- **Try it**: Look through the records below, count the lines with the word "negsuc", and reply with only the number.

____

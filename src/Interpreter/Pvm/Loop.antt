-- ===== src/Interpreter/Pvm/Loop.antt =====
-- pvm.py: the loop of `Interpreter.execute`, for an invariant of the instructions.
use tsrkit_pvm.Prelude.{
  ℕ, zero, suc, ◌≤◌, ◌<◌, true, false, ℤ, pos, negsuc, pos_part, ◌-ℤ◌, is_neg, Outcome, Exn,
  overflow_error, Ensures, Ensures-done, ◌≡◌, ◌⊎◌, inl, inr, refl, arith,
}
use tsrkit_pvm.Common.Status.{ExecutionStatus}
use tsrkit_pvm.Interpreter.Program.{Program}
use tsrkit_pvm.Instructions.Machine.{Machine}
use tsrkit_pvm.Instructions.InstMap
use tsrkit_pvm.Instructions.InstMap.{BlockInfo, BlockReturn, Cache, compile_block}
use tsrkit_pvm.Instructions.InstMap.Compile.{
  EveryInstruction, Keeps, Costs, compile_block-IsBlock, execute-Costs,
}
use tsrkit_pvm.Instructions.InstMap.BlockCache.{IsFresh, Agrees, get_block-Agrees}
use tsrkit_pvm.Instructions.Safety.Rules.{IsRaised, Raises}
use tsrkit_pvm.Interpreter.Pvm.{Run, on_exception, after_block, settle, round, run_loop, execute}

-- OUT_OF_GAS is the status exactly of those runs that end with less than no gas.
abbrev pub GasAgrees : ExecutionStatus → ℤ → Type 0
GasAgrees ExecutionStatus.out_of_gas gas = is_neg gas ≡ true
GasAgrees _ gas = is_neg gas ≡ false

-- The exceptions that `execute` lets through: an OverflowError, or that of a block that does not
-- compile.
abbrev pub IsThrown : Program → Exn → Type 0
IsThrown p e = (e ≡ overflow_error) ⊎ ((pc : ℕ) × (compile_block p pc tt ≡ Outcome.raised e tt))

abbrev pub Final : (Machine → Type 0) → Program → Run → Type 0
Final I p (Run.returned r) = I r.machine × GasAgrees r.status r.remaining_gas
Final I p (Run.threw e m) = I m × IsThrown p e
Final I p Run.out_of_fuel = ⊥

-- A block's cost takes the gas down.
pub falls :
    (gas : ℤ) (cost : ℕ)
    → is_neg gas ≡ false
    → 1 ≤ cost
    → is_neg (gas -ℤ pos cost) ≡ false
    → pos_part (gas -ℤ pos cost) < pos_part gas
falls (pos n) cost g c g' = ground arith
falls (negsuc n) cost g c g' = cc

module _ (I : Machine → Type 0) (every : EveryInstruction (Keeps I (Raises I))) (p : Program) where
  on_exception-Final :
      (e : Exn) (pc : ℕ) (gas : ℤ) (m : Machine)
      → is_neg gas ≡ false
      → I m
      → IsRaised e ⊎ IsThrown p e
      → Final I p (on_exception e pc gas m)
  unfolding on_exception
  on_exception-Final Exn.panic pc gas m g h t = (h, g)
  on_exception-Final (Exn.page_fault addr) pc gas m g h t = (h, g)
  on_exception-Final Exn.overflow_error pc gas m g h t = (h, inl refl)
  on_exception-Final e pc gas m g h (inl r) = absurd r
  on_exception-Final e pc gas m g h (inr t) = (h, t)

  settle-Final :
      (again : ℕ → ℤ → Machine → Run) (status : ExecutionStatus) (pc : ℕ) (gas : ℤ) (m : Machine)
      → I m
      → (is_neg gas ≡ false → Final I p (again pc gas m))
      → Final I p (settle again status pc gas m)
  unfolding settle
  settle-Final again status pc (negsuc k) m h next = (h, refl)
  settle-Final again ExecutionStatus.halt pc (pos k) m h next = (h, refl)
  settle-Final again (ExecutionStatus.host v) pc (pos k) m h next = (h, refl)
  settle-Final again status pc (pos k) m h next = next refl

  after_block-Final :
      (again : ℕ → ℤ → Machine → Run) (pc : ℕ) (gas : ℤ) (total : ℕ)
      {o : Outcome Machine BlockReturn}
      → is_neg gas ≡ false
      → Ensures (Costs I total) (Raises I) o
      → ((pc' : ℕ) (gas' : ℤ) (m : Machine)
          → is_neg gas' ≡ false
          → pos_part gas' < pos_part gas
          → I m
          → Final I p (again pc' gas' m))
      → Final I p (after_block again pc gas o)
  unfolding after_block
  after_block-Final again pc gas total g (Ensures.raises q) next =
      on_exception-Final _ pc gas _ g q.0 (inl q.1)
  after_block-Final again pc gas total g (Ensures.returns {a = (status, pc', cost)} {s = m} c)
        next =
      settle-Final again status pc' (gas -ℤ pos cost) m c.0
        (λ g'. next pc' (gas -ℤ pos cost) m g' (falls gas cost g c.1 g') c.0)

  -- One round, from what holds of the rounds after it.
  round-Final :
      (fuel : ℕ) (pc : ℕ) (gas : ℤ) (m : Machine) (o : Outcome Cache BlockInfo)
      → is_neg gas ≡ false
      → I m
      → Agrees p pc o
      → ((cache' : Cache) (pc' : ℕ) (gas' : ℤ) (m' : Machine)
          → pos_part gas' < pos_part gas
          → is_neg gas' ≡ false
          → IsFresh p cache'
          → I m'
          → Final I p (run_loop fuel p cache' pc' gas' m'))
      → Final I p (round (run_loop fuel p) pc gas m o)
  unfolding round
  round-Final fuel pc gas m (Outcome.raised e cache') g h a next =
      on_exception-Final e pc gas m g h (inr (inr (pc, a.0)))
  round-Final fuel pc gas m (Outcome.done info cache') g h a next =
      after_block-Final (run_loop fuel p cache') pc gas info.total_gas g
        (execute-Costs I (Raises I) info pc m
          (Ensures-done (compile_block-IsBlock _ every p pc tt) a.0) h)
        (λ pc' gas' m' g' less h'. next cache' pc' gas' m' less g' a.1 h')

  run_loop-Final :
      (fuel : ℕ) (cache : Cache) (pc : ℕ) (gas : ℤ) (m : Machine)
      → pos_part gas < fuel
      → is_neg gas ≡ false
      → IsFresh p cache
      → I m
      → Final I p (run_loop fuel p cache pc gas m)
  unfolding run_loop
  run_loop-Final zero cache pc gas m lt g fresh h = absurd (omega arith)
  run_loop-Final (suc fuel) cache pc gas m lt g fresh h =
      round-Final fuel pc gas m (InstMap.get_block p pc cache) g h
        (get_block-Agrees p pc cache fresh)
        (λ cache' pc' gas' m' less. run_loop-Final fuel cache' pc' gas' m' (omega arith))

  -- A run from enough gas ends, and its machine still has `I`.
  pub execute-Final :
      (pc : ℕ) (gas : ℤ) (m : Machine) → is_neg gas ≡ false → I m → Final I p (execute p pc gas m)
  unfolding execute
  execute-Final pc gas m g h =
      run_loop-Final (suc (pos_part gas)) InstMap.empty_cache pc gas m (omega arith) g
        (λ pc info e. cc) h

____

- **Solution to the problem**: 3